Senators slam Equifax over business model
WASHINGTON — Senators on Wednesday slammed Equifax Inc. for making money off its massive data breach and said Americans should have more control over the vast amount of sensitive personal information that credit reporting companies have about them.
“Equifax and this whole industry should be completely transformed,” Sen. Elizabeth Warren, DMass., told the company’s former chief executive, Richard Smith, at a hearing. “Consumers — not you — should decide who gets access to their own data.”
Warren and other members of the Senate Banking Committee questioned a business model that allows Equifax and the other credit reporting companies to collect consumers’ data and then charge them to monitor for misuse of that information by identity thieves.
“I don’t pay extra in a restaurant to prevent the waiter from spitting in my food,” said Sen. John Kennedy, R-La. “I think this is a very clever business model you’ve come up with.”
Smith, who stepped down last week in the wake of the breach, faced a second straight day of sharp bipartisan criticism on Capitol Hill for the hack that exposed the Social Security numbers and birthdates of as many as 145.5 million U.S. customers.
Senators also were outraged about the revelation that Equifax last week was awarded a $7.3-million, nobid contract by the Internal Revenue Service to verify taxpayer identities and prevent fraudulent access to the data.
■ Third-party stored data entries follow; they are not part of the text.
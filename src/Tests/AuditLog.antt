-- ===== src/Tests/AuditLog.antt =====
-- Runs of pkg/security/concrete/audit_logger.go.
use skylark.Base.{
  inr, refl, err, is_ok, [], ◌≡◌, ◌⊎◌, ◌∷◌, ◌++◌, true, false, Option, some, List, List_eq, ℕ_eq,
}
use skylark.Text.{Text, bytes, newline}
use skylark.Security.AuditLog.{
  Event, Flushing, whole, partly, AuditLogger, Call, logs, queries, rotations, closings, rotates,
  call_all, log, close, read_failed, query, should_log, call, rotate, flush,
}
use skylark.Security.AuditLog.Lines.{written_of}
use skylark.Security.AuditLog.Kept.{InLog, Kept, call_all-logged}
use skylark.Security.AuditLog.Exact.{Implements, spec_all, call_all-Implements}
use skylark.Base.Dict.{lookup, insert}

-- Events are encoded as their details.
abbrev details_of : Event (Unit {0}) → Option Text
details_of e = some e.details

abbrev event : Text → Event (Unit {0})
event details = record {
  id = [];
  timestamp = 0;
  kind = bytes "key_access";
  severity = bytes "info";
  source = [];
  details = details;
  metadata = tt;
}

abbrev opened : AuditLogger (Unit {0})
opened = record {
  events = bytes "key_access" ∷ [];
  is_open = true;
  buffer = [];
  last_flush = 0;
  file = [];
  rotated = [];
}

abbrev works : Flushing
works = record { at = 1; writes = []; synced = true }

-- The second write writes two bytes and fails.
abbrev disturbed : Flushing
disturbed = record { at = 1; writes = whole ∷ partly 2 ∷ []; synced = true }

abbrev calls : List (Call (Unit {0}))
calls =
    logs (event (bytes "one")) 1 works
    ∷ rotations works rotates (bytes "log.1")
    ∷ logs (event (bytes "two")) 2 works
    ∷ queries works
    ∷ []

-- A query fails though the log is in order.
query_fails : (query details_of works opened).0 ≡ err read_failed
unfolding query
query_fails = refl

-- A flush that has failed writes what it had written again.
twice :
    written_of (
      call_all details_of
        (logs (event (bytes "one")) 1 works
          ∷ logs (event (bytes "two")) 2 works
          ∷ queries disturbed
          ∷ closings works true
          ∷ [])
        opened)
    ≡ bytes "one"
      ++ (newline ∷ bytes "tw")
      ++ bytes "one"
      ++ (newline ∷ bytes "two")
      ++ (newline ∷ [])
unfolding call_all
twice = refl

call_all-Implements_example :
    Implements details_of
      (bytes "key_access" ∷ [])
      (spec_all details_of (bytes "key_access" ∷ []) calls [])
      (call_all details_of calls opened)
unfolding call lookup
call_all-Implements_example =
    call_all-Implements details_of (bytes "key_access" ∷ []) [] calls opened
      ((refl, inr refl), ((refl, refl), ((refl, inr refl), (refl, tt))))
      (record { configured = refl; all = refl; encoded = tt })

abbrev after_one : List (Call (Unit {0}))
after_one = queries disturbed ∷ rotations works rotates (bytes "log.1") ∷ []

call_all-logged_example :
    Kept details_of
      (event (bytes "one"))
      (call_all details_of after_one (log details_of (event (bytes "one")) 1 works opened).1)
    × ((is_ok
            (close details_of works true (
              call_all details_of after_one
                (log details_of (event (bytes "one")) 1 works opened).1)).0
          ≡ false)
        ⊎ InLog details_of
            (event (bytes "one"))
            (close details_of works true (
              call_all details_of after_one
                (log details_of (event (bytes "one")) 1 works opened).1)).1)
unfolding should_log call lookup log query rotate flush insert
call_all-logged_example =
    call_all-logged details_of (event (bytes "one")) 1 works after_one works true opened refl
      (tt, (refl, tt))
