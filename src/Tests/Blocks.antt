-- ===== src/Tests/Blocks.antt =====
-- Runs of the block functions of pkg/parser/parser.go.
use skylark.Base.{ℕ, ◌≡◌, refl, [], ◌∷◌, map, keep, true, ℕ_eq}
use skylark.Text.{Text, bytes}
use skylark.Text.Lines.{split_lines}
use skylark.Text.Trim.{trim_space, trim_left, trim_right, is_blank, width}
use skylark.Parser.Block.{Block, header, paragraph}
use skylark.Parser.Blocks.{
  run, parse_blocks, header_block, is_header_line, step, plain_line, other_line, fence_line, extend,
  add_line, flush,
}
use skylark.Parser.Blocks.Headers.{is_header, no_fences, parse_blocks-headers}

abbrev header_of : Text → ℕ → Block
header_of content level = record { type = header; level = level; content = content }

abbrev words : Block
words = record { type = paragraph; level = 0; content = bytes "Some words" }

abbrev page : Text
page = bytes "# Plan\nSome words\n\n- item"

page_blocks :
    map (λ (b : Block). b.content) (parse_blocks page)
    ≡ bytes "Plan" ∷ bytes "Some words" ∷ bytes "- item" ∷ []
unfolding parse_blocks run step plain_line other_line fence_line extend add_line flush header_block
    trim_space trim_left trim_right is_blank width
page_blocks = refl

plain_page : no_fences (split_lines page) ≡ true
unfolding trim_space trim_left trim_right is_blank width
plain_page = refl

parse_blocks-headers_example :
    keep is_header (parse_blocks page)
    ≡ map header_block (keep is_header_line (map trim_space (split_lines page)))
parse_blocks-headers_example = parse_blocks-headers page plain_page

-- The paragraph right above a fence is lost.
paragraph_lost : parse_blocks (bytes "words\n```\nx\n```") ≡ parse_blocks (bytes "```\nx\n```")
unfolding parse_blocks run step fence_line trim_space trim_left trim_right is_blank width add_line
    plain_line other_line extend
paragraph_lost = refl
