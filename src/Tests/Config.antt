-- ===== src/Tests/Config.antt =====
-- Runs of pkg/config.
use skylark.Base.{
  Bool, true, ◌≡◌, ℕ, none, some, if◌then◌else◌, ◌==◌, List_eq, ℕ_eq, ltb, length, ◌∷◌, [], Option,
  subst, refl, err,
}
use skylark.Base.Dict.{lookup, Dict, insert}
use skylark.Text.{Text, bytes}
use skylark.Config.Store.{Data, ValidateFunc}
use skylark.Config.FileStore.{write_fails, writes, Yaml, FileStore, set_value, load_values}
use skylark.Config.FileStore.Reloaded.{IsDistinct, SameValues, or_else, load_values-set_value}
use skylark.Config.Manager.{
  write_failed, find_setting, Settings, no_settings, setting, leaf, Config, set_setting,
  find_setting, save_config,
}
use mathlib.Core.Option.{some-injective}
use mathlib.Core.Bool.{Bool, true}

-- At most one value is valid.
abbrev one_value : ValidateFunc ℕ Text
one_value m = if ltb 1 (length m) then some (bytes "too many") else none

abbrev settings : Data ℕ Text
settings = (bytes "a", 1) ∷ []

-- Maps of at most one entry can be written, as the value before the key.
abbrev encode_one : Dict Text ℕ → Option Text
encode_one [] = some []
encode_one ((k, v) ∷ []) = some (v ∷ k)
encode_one (e ∷ f ∷ m) = none

abbrev decode_one : Text → Bool × Dict Text ℕ
decode_one [] = (true, [])
decode_one (v ∷ k) = (true, (k, v) ∷ [])

abbrev yaml_one : Yaml ℕ
yaml_one = record { encode = encode_one; decode = decode_one }

decode-encode :
    (m : Dict Text ℕ) (t : Text)
    → encode_one m ≡ some t
    → (n : Dict Text ℕ) × (decode_one t ≡ (true, n)) × IsDistinct n × SameValues n m
unfolding lookup
decode-encode [] t h =
    ([], subst (λ u. decode_one u ≡ (true, [])) (some-injective [] t h) refl, tt, λ k. refl)
decode-encode ((k, v) ∷ []) t h = (
  (k, v) ∷ [],
  subst (λ u. decode_one u ≡ (true, (k, v) ∷ [])) (some-injective (v ∷ k) t h) refl,
  (refl, tt),
  λ j. refl,
)
decode-encode (e ∷ f ∷ m) t h = absurd (cc h)

abbrev empty_store : FileStore ℕ
empty_store = record { values = []; file = none }

-- The store that loads has a value that the file does not have.
abbrev other_store : FileStore ℕ
other_store = record { values = (bytes "b", 7) ∷ []; file = none }

load_values-set_value_example :
    lookup
      (bytes "b")
      (load_values yaml_one (some one_value) (record other_store {
        file = (set_value yaml_one (some one_value) writes (bytes "a") (some 1) empty_store).1.file;
      })).1.values
    ≡ or_else
        (if bytes "a" == bytes "b" then some 1 else lookup (bytes "b") empty_store.values)
        (lookup (bytes "b") other_store.values)
unfolding set_value insert
load_values-set_value_example =
    load_values-set_value yaml_one (some one_value) writes (bytes "a") 1 empty_store other_store
      (bytes "b") (record { reads = decode-encode }) refl

-- Set of a nested key puts its last part at the top: FromMap is given the inner map.
abbrev flat : Config Settings
flat = record { version = []; models = []; tools = []; config_dir = []; rest = no_settings }

nested_set :
    (set_setting
      (λ c. c.rest)
      (λ m c. (true, record c { rest = m }))
      (bytes "log.level")
      (leaf (bytes "debug"))
      flat).1.rest
    ≡ setting (bytes "level") (leaf (bytes "debug")) no_settings
unfolding set_setting find_setting
nested_set = refl

-- A file that cannot be written whole is cut off.
saved_in_part :
    save_config
      (λ (c : Config Settings). some (bytes "version: 1"))
      (write_fails 7)
      flat
      (some (bytes "old"))
    ≡ (err write_failed, some (bytes "version"))
unfolding save_config
saved_in_part = refl
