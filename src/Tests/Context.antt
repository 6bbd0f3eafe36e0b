-- ===== src/Tests/Context.antt =====
-- Runs of pkg/context/context.go.
use skylark.Base.{ℕ, ◌≡◌, refl, [], ◌∷◌, map, length, ℕ_eq}
use skylark.Text.{Text, bytes}
use skylark.Text.Lines.{split_lines}
use skylark.Text.Trim.{trim_space, trim_left, trim_right, is_blank, width}
use skylark.Context.Section.{Reference, parse_references, scan_lines, match_header, title}
use skylark.Context.Section.Order.{Ordered, parse_references-Ordered}
use skylark.Context.Section.Headed.{AllHeaded, parse_references-AllHeaded}
use skylark.Context.Priority.{
  sort_references_by_priority, Sorted, sort_references_by_priority-Sorted,
}
use skylark.Context.Truncate.{truncate_content, IsCut, truncate_content-IsCut}
use skylark.Context.Assemble.{assemble_context, requested}
use skylark.Context.Assemble.Limits.{IsWithin, assemble_context-IsWithin}
use mathlib.Core.List.{Perm}

abbrev note : Text
note = bytes "# Plan\nsome text. More\n## Next\nwords"

abbrev section : Text → ℕ → ℕ → Reference
section header level start_line = record {
  header = header;
  level = level;
  start_line = start_line;
  end_line = start_line;
}

abbrev plan : Reference
plan = section (bytes "plan") 1 1

abbrev next : Reference
next = section (bytes "next") 2 3

abbrev later : Reference
later = section (bytes "later") 2 5

abbrev last : Reference
last = section (bytes "last") 2 7

note_parses :
    map (λ (r : Reference). r.header) (parse_references note) ≡ bytes "Plan" ∷ bytes "Next" ∷ []
unfolding parse_references scan_lines match_header title trim_space trim_left trim_right is_blank
    width
note_parses = refl

parse_references-Ordered_example : Ordered 0 (parse_references note) (length (split_lines note))
parse_references-Ordered_example = parse_references-Ordered note

parse_references-AllHeaded_example :
    AllHeaded (map match_header (split_lines note)) (parse_references note)
parse_references-AllHeaded_example = parse_references-AllHeaded note

sort_references_by_priority-Sorted_example :
    Sorted (sort_references_by_priority (later ∷ next ∷ plan ∷ []))
    × Perm (sort_references_by_priority (later ∷ next ∷ plan ∷ [])) (later ∷ next ∷ plan ∷ [])
sort_references_by_priority-Sorted_example =
    sort_references_by_priority-Sorted (later ∷ next ∷ plan ∷ [])

truncate_content-IsCut_example :
    IsCut (bytes "One. Two three") 8 (truncate_content (bytes "One. Two three") 8)
truncate_content-IsCut_example = truncate_content-IsCut (bytes "One. Two three") 8

assemble_context-IsWithin_example :
    IsWithin
      (requested (bytes "plan" ∷ []))
      100
      20
      (assemble_context note (bytes "plan" ∷ []) 100 20)
assemble_context-IsWithin_example = assemble_context-IsWithin note (bytes "plan" ∷ []) 100 20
“I won’t ask for a show of hands in the room but I don’t know who would want to say we should buy fraud protection from the people who were just hacked and dumped 145 million American records,” said Sen. Ben Sasse, R-Neb.
The IRS said that Equifax was awarded a short-term contract to prevent a lapse in services and it was told by the company that no IRS data was involved in the breach.
“Following an internal review and an on-site visit with Equifax, the IRS believes the service Equifax provided does not pose a risk to IRS data or systems,” the statement said.
But the chairman and top Democrat on the Senate Finance Committee, which oversees the IRS, wrote to the agency’s commissioner Wednesday saying they were “taken aback” by the contract and asking for more details.
Sen. Mike Crapo, RIdaho, committee chairman, said that he believed there was bipartisan interest in legislation strengthening data security laws.
“The amount of data that the private industry and the government collect and store is very concerning,” Crapo told Smith.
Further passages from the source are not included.